To enhance the security of the Okta Workflows application, the following changes have been implemented in the Okta Admin Console:

  • On the Applications page:

    • In the Assign Users to App option, the Workflows app is no longer included in the list of available applications.

    • For the Workflows app itself, if you select the Assign to Groups option from the dropdown actions menu, the assignment dialog reports that this is an unsupported operation.

  • If the Self Service feature is enabled for your Okta org, your users can't add the Workflows application to their dashboard.

  • On the Assignments tab inside the Okta Workflows application, the Assign to Groups option is no longer available.

  • In the DirectoryGroups interface, if you try to Assign applications to a specific group, the Okta Workflows app isn't available through the Assign Applications to {group} dialog.

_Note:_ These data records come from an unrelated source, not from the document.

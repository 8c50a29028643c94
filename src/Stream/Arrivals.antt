-- ===== src/Stream/Arrivals.antt =====
-- What a round of processWALStream receives, and what it does to the buffer and the positions.
use jack_courier_driver_pglg.Prelude.{
  ◌≤◌, ◌≡◌, refl, sym, [], ◌++◌, List, Option, none, some, Bytes, max, append-nil, arith,
}
use jack_courier_driver_pglg.Errors.{Result, ok, err, standby_timeout}
use jack_courier_driver_pglg.Row.{
  Lsn, ParsedInsert, WalMessage, begin, relation, insert, commit, other,
}
use jack_courier_driver_pglg.Wal.{Decoders, set_relation, parse_insert, receive_message}
use jack_courier_driver_pglg.Wal.Receive.{announced, receive_message-Receives}
use jack_courier_driver_pglg.Parser.Message.{parse_wal_message}
use jack_courier_driver_pglg.Stream.{
  Stream, Inputs, Limits, next_receive_deadline, timed_flush, standby_tick, clock_after, open_batch,
  close_tx, on_commit, on_row, on_message, on_parsed, on_received, receive_round,
}
use jack_courier_driver_pglg.Stream.Conservation.{
  before_receive, row_of_parse, row_of_message, row_of_data, row_of_receive,
}
use jack_courier_driver_pglg.Stream.Order.{commit_of_message, commit_of_data, commit_of_receive}
use jack_courier_driver_pglg.Stream.Rules.{joined, Then-timed, Then-standby, Then-commit}
use jack_courier_driver_pglg.Stream.Then.{Then, on, off, Then-▹}
use jack_courier_driver_pglg.Stream.Both.{Both, Both-commit}
use jack_courier_driver_pglg.Stream.Both as Two

-- The rows that the server has sent since its last commit, once more has arrived.
abbrev pub open_after : Option Lsn → List ParsedInsert → List ParsedInsert → List ParsedInsert
open_after none open_rows row = open_rows ++ row
open_after (some l) open_rows row = []

abbrev pub position_of : Option Lsn → Lsn
position_of none = 0
position_of (some l) = l

-- All that a stream has received or may commit to the cursor.
abbrev pub reached : Stream → Lsn
reached s = max s.pending_commit_lsn s.wal.client_pos

module _ (lib : Decoders) (cfg : Limits) where
  -- The position that the message of a round announces.
  abbrev pub announced_in : Inputs → Stream → Lsn
  announced_in i s =
      announced lib (i.arrives (next_receive_deadline s.next_batch_at s.next_standby_at))

  -- The buffer is what the commit `c` and the row of a message make of the one of before.
  abbrev Buffers : Option Lsn → List ParsedInsert → Stream → Stream → Type 0
  Buffers c row s s' = s'.buf ≡ open_after c s.buf row

  nothing_buffered : (s : Stream) → s.buf ≡ s.buf ++ []
  nothing_buffered s = sym (append-nil s.buf)

  joined-buf : (i : Inputs) (l : Lsn) (s : Stream) → (joined cfg i l s).buf ≡ []
  unfolding open_batch close_tx
  joined-buf i l s = ground arith

  on_message-Buffers :
      (i : Inputs) (m : WalMessage) (s : Stream)
      → Then
          (Buffers (commit_of_message (ok m)) (row_of_message lib s.wal (ok m)) s)
          (on_message lib cfg i m s)
  unfolding on_message on_row
  on_message-Buffers i begin s = on tt _ (nothing_buffered s)
  on_message-Buffers i (relation r) s = on tt _ (nothing_buffered s)
  on_message-Buffers i (insert ins) s = on tt _ (go (parse_insert lib ins s.wal))
    where
      go : (r : Result (Option ParsedInsert)) → Buffers none (row_of_parse r) s (on_row r s)
      go (err e) = nothing_buffered s
      go (ok none) = nothing_buffered s
      go (ok (some p)) = refl
  on_message-Buffers i (commit l) s =
      Then-commit cfg i l s (λ room. joined-buf i l s) (λ e. joined-buf i l s)
        (λ session d. joined-buf i l s)
  on_message-Buffers i other s = on tt s (nothing_buffered s)

  on_received-Buffers :
      (i : Inputs) (r : Result (Option Bytes)) (s : Stream)
      → Then
          (Buffers (commit_of_data lib cfg r) (row_of_data lib s.wal r) s)
          (on_received lib cfg i r s)
  unfolding on_received on_parsed
  on_received-Buffers i (err standby_timeout) s = on tt s (nothing_buffered s)
  on_received-Buffers i (err e) s = off _ s
  on_received-Buffers i (ok none) s = on tt s (nothing_buffered s)
  on_received-Buffers i (ok (some wal_data)) s = go (parse_wal_message lib.parse_v2 wal_data)
    where
      go :
          (m : Result WalMessage)
          → Then
              (Buffers (commit_of_message m) (row_of_message lib s.wal m) s)
              (on_parsed lib cfg i m s)
      go (err e) = on tt s (nothing_buffered s)
      go (ok m) = on_message-Buffers i m s

  pub receive_round-Buffers :
      (i : Inputs) (s : Stream)
      → Then
          (Buffers (commit_of_receive lib cfg i s) (row_of_receive lib cfg i s) s)
          (receive_round lib cfg i s)
  unfolding receive_round
  receive_round-Buffers i s =
      let arrived = i.arrives (next_receive_deadline s.next_batch_at s.next_standby_at) in
      let (r, wal) = receive_message lib arrived i.reply s.wal in
      on_received-Buffers i r (record s { session = record s.session { wal = wal } })

  pub before_receive-buf :
      (i : Inputs) (s : Stream) → Then (λ t. t.buf ≡ s.buf) (before_receive lib cfg i s)
  before_receive-buf i s =
      Then-▹ (timed_flush i s) (standby_tick cfg i (clock_after i s))
        (Then-timed i s refl (λ e. refl) (λ session d. refl))
        (λ t same.
          Then-standby cfg i (clock_after i s) t (λ not_due. same) (λ due busy. same)
            (λ db due free e. same))

  -- Nothing beyond the old positions and `l` is reached.
  record Within (l : Lsn) (s s' : Stream) : Type 0 where
    bound : reached s' ≤ max (reached s) l

  on_commit-Within :
      (i : Inputs) (l : Lsn) (s : Stream) → Both (Within l s) (Within l s) (on_commit cfg i l s)
  on_commit-Within i l s =
      Both-commit cfg i l s joined_within (λ e. record { bound = joined_within.bound })
        (λ session d. record { bound = rw d.received joined_within.bound })
        (λ session d. record { bound = rw d.consumer joined_within.bound })
    where
      joined_within : Within l s (joined cfg i l s)
      joined_within = unfold open_batch close_tx in record { bound = ground arith }

  on_message-Within :
      (i : Inputs) (m : WalMessage) (s : Stream)
      → (let l = position_of (commit_of_message (ok m)) in
          Both (Within l s) (Within l s) (on_message lib cfg i m s))
  unfolding on_message on_row set_relation
  on_message-Within i begin s = Two.on tt _ (record { bound = omega arith })
  on_message-Within i (relation r) s = Two.on tt _ (record { bound = omega arith })
  on_message-Within i (insert ins) s = Two.on tt _ (go (parse_insert lib ins s.wal))
    where
      go : (r : Result (Option ParsedInsert)) → Within 0 s (on_row r s)
      go (err e) = record { bound = omega arith }
      go (ok none) = record { bound = omega arith }
      go (ok (some p)) = record { bound = omega arith }
  on_message-Within i (commit l) s = on_commit-Within i l s
  on_message-Within i other s = Two.on tt s (record { bound = omega arith })

  on_received-Within :
      (i : Inputs) (r : Result (Option Bytes)) (s : Stream)
      → (let l = position_of (commit_of_data lib cfg r) in
          Both (Within l s) (Within l s) (on_received lib cfg i r s))
  unfolding on_received on_parsed
  on_received-Within i (err standby_timeout) s = Two.on tt s (record { bound = omega arith })
  on_received-Within i (err e) s = Two.off _ s (record { bound = omega arith })
  on_received-Within i (ok none) s = Two.on tt s (record { bound = omega arith })
  on_received-Within i (ok (some wal_data)) s = go (parse_wal_message lib.parse_v2 wal_data)
    where
      go :
          (m : Result WalMessage)
          → (let l = position_of (commit_of_message m) in
              Both (Within l s) (Within l s) (on_parsed lib cfg i m s))
      go (err e) = Two.on tt s (record { bound = omega arith })
      go (ok m) = on_message-Within i m s

  -- Receiving reaches no further than what is announced and committed.
  pub receive_round-reached :
      (i : Inputs) (s : Stream)
      → (let l = max (position_of (commit_of_receive lib cfg i s)) (announced_in i s) in
          Both
            (λ u. reached u ≤ max (reached s) l)
            (λ u. reached u ≤ max (reached s) l)
            (receive_round lib cfg i s))
  unfolding receive_round
  receive_round-reached i s =
      let arrived = i.arrives (next_receive_deadline s.next_batch_at s.next_standby_at) in
      let (r, wal) = receive_message lib arrived i.reply s.wal in
      let known = (receive_message-Receives lib arrived i.reply s.wal).position in
      Two.Both-imp (on_received-Within i r (record s { session = record s.session { wal = wal } }))
        (λ u w. omega (arith, w.bound, known)) (λ u w. omega (arith, w.bound, known))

  • Assigning the Okta Workflows application to a group through the Okta public API is also no longer permitted.

Update to flow testing UI

The interface for testing flows inside the flow builder has been updated to provide clarity in message text and button naming.

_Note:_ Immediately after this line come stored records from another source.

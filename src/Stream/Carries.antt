-- ===== src/Stream/Carries.antt =====
-- What one message makes of the transactions that are still to come.
use mathlib.Core.List.{Memᴰ}
use mathlib.Core.Path.{subst}
use jack_courier_driver_pglg.Prelude.{
  ◌<◌, ◌≡◌, refl, sym, ap, ◌∙◌, inl, inr, [], ◌∷◌, ◌++◌, List, Bool, true, false, Option, none,
  some, Bytes, All-append, All-imp, Memᴰ-append_left, Memᴰ-append_right, append-nil, not, ◌&&◌,
  arith, if◌then◌else◌,
}
use jack_courier_driver_pglg.Errors.{Result, ok, err, standby_timeout}
use jack_courier_driver_pglg.Row.{
  Lsn, ParsedInsert, WalMessage, begin, relation, insert, commit, other,
}
use jack_courier_driver_pglg.Wal.{Decoders, set_relation, parse_insert, receive_message}
use jack_courier_driver_pglg.Wal.Receive.{receive_message-Receives}
use jack_courier_driver_pglg.Parser.Message.{parse_wal_message}
use jack_courier_driver_pglg.Cursor.{cursor_lsn}
use jack_courier_driver_pglg.Stream.{
  Stream, Inputs, Limits, is_nil, next_receive_deadline, open_batch, close_tx, on_commit, on_row,
  on_message, on_parsed, on_received, receive_round,
}
use jack_courier_driver_pglg.Stream.Order.{commit_of_message, commit_of_data, commit_of_receive}
use jack_courier_driver_pglg.Stream.Covered.{Tx, rows_of, rows_of-append}
use jack_courier_driver_pglg.Stream.Rules.{joined}
use jack_courier_driver_pglg.Stream.Both.{Both, on, off, Both-commit}
use jack_courier_driver_pglg.Stream.Delivery.{
  Placed, Tracks, Past, Tracks-Covers, Delivered-Tracks, Failed-Covers,
}
use jack_courier_driver_pglg.Stream.Restart.{Follows, CoversEnd, closed-Tracks}

-- A message leaves what is still to come as it is, or is the commit of the next transaction, whose
-- rows are the buffered ones.
abbrev pub Carries : Option Lsn → List ParsedInsert → List Tx → List Tx → Type 0
Carries none buf coming rest = rest ≡ coming
Carries (some l) buf coming rest = coming ≡ (l, buf) ∷ rest

module _ (wal rest : List Tx) where
  -- An end with an error covers the WAL if what is still to come lies past what was received.
  abbrev pub Broken : Stream → Type 0
  Broken s = Past rest s → CoversEnd wal s

  either :
      (b : Bool) (s t : Stream)
      → Tracks wal rest s
      → Tracks wal rest t
      → Tracks wal rest (if b then s else t)
  either true s t hs ht = hs
  either false s t hs ht = ht

  close_tx-Tracks :
      (l : Lsn) (s : Stream)
      → cursor_lsn s.db < l
      → Tracks wal ((l, s.buf) ∷ rest) s
      → Tracks wal rest (close_tx l s)
  unfolding close_tx
  close_tx-Tracks l s h c = record {
    open_txs = c.open_txs ++ (l, s.buf) ∷ [];
    placed = All-imp _ _ wal moved c.placed;
    rows =
        ap (λ rows. rows ++ s.buf) c.rows
        ∙ ap (◌++◌ (rows_of c.open_txs)) (sym (append-nil s.buf))
        ∙ sym (rows_of-append c.open_txs ((l, s.buf) ∷ []));
    ahead = All-append _ c.open_txs ((l, s.buf) ∷ []) c.ahead (h, tt);
    bound = ground (arith, c.bound);
  }
    where
      moved :
          (t : Tx)
          → Placed s.session c.open_txs ((l, s.buf) ∷ rest) t
          → Placed s.session (c.open_txs ++ (l, s.buf) ∷ []) rest t
      moved t (inl handed) = inl handed
      moved t (inr (inl waits)) = inr (inl (Memᴰ-append_left c.open_txs _ waits))
      moved t (inr (inr (Memᴰ.head e))) = inr (inl (Memᴰ-append_right c.open_txs (Memᴰ.head e)))
      moved t (inr (inr (Memᴰ.tail m))) = inr (inr m)

  joined-Tracks :
      (cfg : Limits) (i : Inputs) (l : Lsn) (s : Stream)
      → cursor_lsn s.db < l
      → Tracks wal ((l, s.buf) ∷ rest) s
      → Tracks wal rest (joined cfg i l s)
  unfolding open_batch
  joined-Tracks cfg i l s h c =
      let d = close_tx-Tracks l s h c in
      either (is_nil s.pending_inserts && not (is_nil (close_tx l s).pending_inserts)) _ _
        (record {
          open_txs = d.open_txs;
          placed = d.placed;
          rows = d.rows;
          ahead = d.ahead;
          bound = d.bound;
        })
        d

  on_commit-Both :
      (cfg : Limits) (i : Inputs) (l : Lsn) (s : Stream)
      → cursor_lsn s.db < l
      → Tracks wal ((l, s.buf) ∷ rest) s
      → Both (Tracks wal rest) Broken (on_commit cfg i l s)
  on_commit-Both cfg i l s h c =
      let t = joined cfg i l s in
      let d = joined-Tracks cfg i l s h c in
      Both-commit cfg i l s d (closed-Tracks wal rest t d)
        (λ session sent. Delivered-Tracks i.full t session d sent)
        (λ session lost past. Failed-Covers t session d (rw (← lost.consumer) past) lost)

module _ (lib : Decoders) (cfg : Limits) (wal coming rest : List Tx) where
  -- A message without a commit: the stream tracks what is still to come as before.
  stays : (s s' : Stream) → rest ≡ coming → Tracks wal coming s' → Tracks wal rest s'
  stays s s' e c = rw e c

  on_message-Both :
      (i : Inputs) (m : WalMessage) (s : Stream)
      → Carries (commit_of_message (ok m)) s.buf coming rest
      → ((l : Lsn) → commit_of_message (ok m) ≡ some l → cursor_lsn s.db < l)
      → Tracks wal coming s
      → Both (Tracks wal rest) (Broken wal rest) (on_message lib cfg i m s)
  unfolding on_message on_row set_relation
  on_message-Both i begin s e h c =
      let d = stays s s e c in
      on tt _ (record {
        open_txs = d.open_txs;
        placed = d.placed;
        rows = d.rows;
        ahead = d.ahead;
        bound = d.bound;
      })
  on_message-Both i (relation r) s e h c =
      let d = stays s s e c in
      on tt _ (record {
        open_txs = d.open_txs;
        placed = d.placed;
        rows = d.rows;
        ahead = d.ahead;
        bound = d.bound;
      })
  on_message-Both i (insert ins) s e h c = on tt _ (go (parse_insert lib ins s.wal))
    where
      d : Tracks wal rest s
      d = stays s s e c

      go : (r : Result (Option ParsedInsert)) → Tracks wal rest (on_row r s)
      go (err x) = d
      go (ok none) = d
      go (ok (some p)) = record {
        open_txs = d.open_txs;
        placed = d.placed;
        rows = d.rows;
        ahead = d.ahead;
        bound = d.bound;
      }
  on_message-Both i (commit l) s e h c = on_commit-Both wal rest cfg i l s (h l refl) (rw (← e) c)
  on_message-Both i other s e h c = on tt s (stays s s e c)

  on_received-Both :
      (i : Inputs) (r : Result (Option Bytes)) (s : Stream)
      → Carries (commit_of_data lib cfg r) s.buf coming rest
      → ((l : Lsn) → commit_of_data lib cfg r ≡ some l → cursor_lsn s.db < l)
      → Tracks wal coming s
      → Both (Tracks wal rest) (Broken wal rest) (on_received lib cfg i r s)
  unfolding on_received on_parsed
  on_received-Both i (err standby_timeout) s e h c = on tt s (stays s s e c)
  on_received-Both i (err x) s e h c = off _ s (Tracks-Covers (stays s s e c))
  on_received-Both i (ok none) s e h c = on tt s (stays s s e c)
  on_received-Both i (ok (some wal_data)) s e h c = go (parse_wal_message lib.parse_v2 wal_data) e h
    where
      go :
          (m : Result WalMessage)
          → Carries (commit_of_message m) s.buf coming rest
          → ((l : Lsn) → commit_of_message m ≡ some l → cursor_lsn s.db < l)
          → Both (Tracks wal rest) (Broken wal rest) (on_parsed lib cfg i m s)
      go (err x) e h = on tt s (stays s s e c)
      go (ok m) e h = on_message-Both i m s e h c

  pub receive_round-Both :
      (i : Inputs) (s : Stream)
      → Carries (commit_of_receive lib cfg i s) s.buf coming rest
      → Follows wal coming s
      → Both (Tracks wal rest) (Broken wal rest) (receive_round lib cfg i s)
  unfolding receive_round
  receive_round-Both i s e (c, past) =
      let answer = i.arrives (next_receive_deadline s.next_batch_at s.next_standby_at) in
      let (r, w) = receive_message lib answer i.reply s.wal in
      let kept = receive_message-Receives lib answer i.reply s.wal in
      on_received-Both i r (record s { session = record s.session { wal = w } }) e
        (λ l at. next_past (commit_of_receive lib cfg i s) e past l at)
        (record {
          open_txs = c.open_txs;
          placed = c.placed;
          rows = c.rows;
          ahead = c.ahead;
          bound = omega (arith, kept.position, c.bound);
        })
    where
      next_past :
          (o : Option Lsn)
          → Carries o s.buf coming rest
          → Past coming s
          → (l : Lsn) → o ≡ some l
          → cursor_lsn s.db < l
      next_past none e past l at = cc
      next_past (some k) e past l at =
          let (first, more) = subst (λ ts. Past ts s) e past in
          let same : k ≡ l = cc in omega (arith, first, c.bound, same)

Improvements to action card dialogs

The selection dialog for action cards now closes immediately when the user selects an action card.

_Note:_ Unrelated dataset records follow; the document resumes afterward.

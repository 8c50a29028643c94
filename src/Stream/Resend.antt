-- ===== src/Stream/Resend.antt =====
-- The loop over a WAL whose transactions the server sends in their order.
use mathlib.Core.Path.{subst}
use jack_courier_driver_pglg.Prelude.{
  ◌<◌, ◌≤◌, ◌≡◌, sym, ap, ◌∙◌, [], ◌∷◌, List, Option, none, some, max, All, arith,
}
use jack_courier_driver_pglg.Row.{Lsn, ParsedInsert}
use jack_courier_driver_pglg.Wal.{Decoders}
use jack_courier_driver_pglg.Stream.{
  Stream, Inputs, Limits, timed_flush, standby_tick, clock_after, receive_round, round, run,
}
use jack_courier_driver_pglg.Stream.Conservation.{before_receive, row_of_receive}
use jack_courier_driver_pglg.Stream.Order.{commit_of_receive}
use jack_courier_driver_pglg.Stream.Covered.{Tx}
use jack_courier_driver_pglg.Stream.Arrivals.{
  open_after, position_of, reached, announced_in, receive_round-Buffers, before_receive-buf,
  receive_round-reached,
}
use jack_courier_driver_pglg.Stream.Both.{
  Both, on, off, Both-▹, Both-if, Both-here, Both-imp, Both-zip, Both-and, Both-end,
}
use jack_courier_driver_pglg.Stream.Delivery.{Covers, Past, Tracks-Covers}
use jack_courier_driver_pglg.Stream.Restart.{
  Follows, CoversEnd, timed_flush-Both, standby_tick-Both,
}
use jack_courier_driver_pglg.Stream.Carries.{Carries, receive_round-Both}

-- The transactions end past a position.
abbrev pub Beyond : Lsn → List Tx → Type 0
Beyond l txs = All (λ (t : Tx). l < t.0) txs

-- The driver takes the position that a message announces for the end of what it has received, so no
-- transaction that is still to come may end there or before. PostgreSQL keeps to it in a keepalive.
-- The end of a payload is computed by the driver from the payload's length, and PostgreSQL does not
-- promise it to be before the end of the transaction: this is what the driver relies on.
abbrev pub IsAhead : Lsn → List Tx → Type 0
IsAhead = Beyond

-- What is still to come after a message was to come before it.
Past-Carries :
    (c : Option Lsn) (open_rows : List ParsedInsert) (coming rest : List Tx) (t u : Stream)
    → Carries c open_rows coming rest
    → Past coming t
    → (l k : Lsn) → reached u ≤ max (reached t) (max l k)
    → Beyond l rest
    → IsAhead k rest
    → Past rest u
Past-Carries c open_rows coming rest t u e past l k within beyond ahead =
    go rest (left c e) beyond ahead
  where
    left : (c : Option Lsn) → Carries c open_rows coming rest → Past rest t
    left none e = subst (λ ts. Past ts t) (sym e) past
    left (some l) e = (subst (λ ts. Past ts t) e past).1

    go : (txs : List Tx) → Past txs t → Beyond l txs → IsAhead k txs → Past txs u
    go [] p b a = tt
    go (x ∷ txs) (p, ps) (b, bs) (a, more) = (omega (arith, p, b, a, within), go txs ps bs more)

module _ (lib : Decoders) (cfg : Limits) where
  -- The rows sent since the last commit, after a round.
  abbrev pub open_next : Inputs → List ParsedInsert → Stream → List ParsedInsert
  open_next i open_rows t =
      open_after (commit_of_receive lib cfg i t) open_rows (row_of_receive lib cfg i t)

  -- What the server sends in a round, with `open_rows` sent since its last commit: it leaves the
  -- transactions to come as they are, or is the commit of the first, whose rows are the open ones. The
  -- others end past that commit, and are ahead of what the message announces.
  abbrev pub Sent : Inputs → List ParsedInsert → List Tx → List Tx → Stream → Type 0
  Sent i open_rows coming rest t =
      Carries (commit_of_receive lib cfg i t) open_rows coming rest
      × Beyond (position_of (commit_of_receive lib cfg i t)) rest
      × IsAhead (announced_in lib cfg i t) rest

  -- The server sends the transactions `coming` in their order, from a point where it has sent
  -- `open_rows` of the first one. This is about the messages that arrive: their commits, the rows
  -- that they carry and the positions that they announce.
  abbrev pub Sends : List Tx → List ParsedInsert → List Inputs → Stream → Type 0
  Sends coming open_rows [] s = Unit
  Sends coming open_rows (i ∷ is) s =
      let t = (before_receive lib cfg i s).1 in
      (rest : List Tx) × Sent i open_rows coming rest t
      × Sends rest (open_next i open_rows t) is (round lib cfg i s).1

  module _ (wal coming rest : List Tx) (i : Inputs) (open_rows : List ParsedInsert) where
    -- The receiving of a round, from a stream whose buffer holds the open rows.
    received-Both :
        (t : Stream)
        → Follows wal coming t
        → t.buf ≡ open_rows
        → Sent i open_rows coming rest t
        → Both
            (λ u. Follows wal rest u × (u.buf ≡ open_next i open_rows t))
            (CoversEnd wal)
            (receive_round lib cfg i t)
    received-Both t g same (e, beyond, ahead_of) =
        let ahead : (u : Stream)
            → reached u
              ≤ max (reached t)
                  (max (position_of (commit_of_receive lib cfg i t)) (announced_in lib cfg i t))
            → Past rest u =
          λ u w. Past-Carries _ open_rows coming rest t u e g.1 _ _ w beyond ahead_of in
        Both-imp
          (Both-and
            (Both-zip
              (receive_round-Both lib cfg wal coming rest i t
                (subst (λ rows. Carries (commit_of_receive lib cfg i t) rows coming rest) (sym same)
                  e)
                g)
              (receive_round-reached lib cfg i t))
            (receive_round-Buffers lib cfg i t))
          (λ u ((c, w), b). (
            (c, ahead u w),
            b
                ∙ ap
                    (λ rows.
                      open_after (commit_of_receive lib cfg i t) rows (row_of_receive lib cfg i t))
                    same,
          ))
          (λ u (broken, w). broken (ahead u w))

    round-Both :
        (s : Stream)
        → Follows wal coming s
        → s.buf ≡ open_rows
        → Sent i open_rows coming rest (before_receive lib cfg i s).1
        → Both
            (λ u.
              (Follows wal rest u × (u.buf ≡ open_next i open_rows (before_receive lib cfg i s).1))
              × (u ≡ (round lib cfg i s).1))
            (CoversEnd wal)
            (round lib cfg i s)
    unfolding round
    round-Both s f same e =
        Both-imp
          (Both-here (
            Both-if i.done _ _ (λ stop. off _ s (Tracks-Covers f.0 f.1))
              (λ go_on.
                Both-▹ (before_receive lib cfg i s) (receive_round lib cfg i)
                  (Both-imp (Both-here (Both-and before (before_receive-buf lib cfg i s)))
                    (λ t h. h) (λ t h. h.0))
                  (λ t ((g, kept), at).
                    subst
                      (λ x.
                        Both (λ u. Follows wal rest u × (u.buf ≡ open_next i open_rows x))
                          (CoversEnd wal) (receive_round lib cfg i t))
                      at
                      (received-Both t g (kept ∙ same)
                        (subst (Sent i open_rows coming rest) (sym at) e))))))
          (λ u h. h) (λ u h. h.0)
      where
        before : Both (Follows wal coming) (CoversEnd wal) (before_receive lib cfg i s)
        before =
            Both-▹ (timed_flush i s) (standby_tick cfg i (clock_after i s))
              (timed_flush-Both wal coming i s f)
              (standby_tick-Both wal coming cfg i (clock_after i s))

  run-Both :
      (wal coming : List Tx) (open_rows : List ParsedInsert) (is : List Inputs) (s : Stream)
      → Follows wal coming s
      → s.buf ≡ open_rows
      → Sends coming open_rows is s
      → Both (CoversEnd wal) (CoversEnd wal) (run lib cfg is s)
  unfolding run
  run-Both wal coming open_rows [] s f same sends = on tt s (Tracks-Covers f.0 f.1)
  run-Both wal coming open_rows (i ∷ is) s f same (rest, e, more) =
      Both-▹ (round lib cfg i s) (run lib cfg is)
        (round-Both wal coming rest i open_rows s f same e)
        (λ u ((g, kept), at).
          run-Both wal rest _ is u g kept (subst (Sends rest _ is) (sym at) more))

  -- Over any rounds, whatever fails in them and however the last one ends: from a stream that has
  -- the transactions `coming` of the WAL still to come and nothing buffered, which the server sends in
  -- their order, each transaction of the WAL has been handed over or ends past the durable cursor.
  pub run-Covers :
      (wal coming : List Tx) (is : List Inputs) (s : Stream)
      → Follows wal coming s
      → s.buf ≡ []
      → Sends coming [] is s
      → Covers wal (run lib cfg is s).1.session
  run-Covers wal coming is s f same sends =
      Both-end (run-Both wal coming [] is s f same sends) (λ u c. c)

Subfolder icon improvements

The import and export icons shown on the subfolder action menu have been updated to more appropriately reflect the action.

BambooHR connector now available

The BambooHR connector is now available in Okta Workflows with the following cards:

  • Read Employee
  • Update Employee
  • List Employees

See BambooHR connector.

Domain selection added to Jira Service Management connector

Previously, the Jira Service Management connector would fail if the service wasn't on the atlassian.net domain. This update adds a Domain dropdown to the connector authorization dialog so that users can select either atlassian.net or jira.com for the service location. No action is required for existing connections.

See Authorization.

Fixes in Okta Workflows

  • OKTA-591951

    A user could edit the name of an existing flow and replace it with a name that consisted of a null value.

  • OKTA-604699

    For the Microsoft Teams connector, when the Stream Matching Records option was chosen, the results on the List Members and List Channel Members cards didn't match the requested Record Limit.

  • OKTA-617595

    The information provided when importing a folder wasn't clear about the destination of the imported folder.

  • OKTA-660523

    For Google Workspace Admin flows that use the Create User card, sometimes Google hadn't finished the user creation process before it attempted to assign a license, so the assignment failed.

  • OKTA-668196

    For the Google Workspace connector, the function of the Deactivate User action card was to suspend a user, not deactivate one. The card has been renamed Suspend User to more accurately reflect the action. No change is required for existing flows that use this card.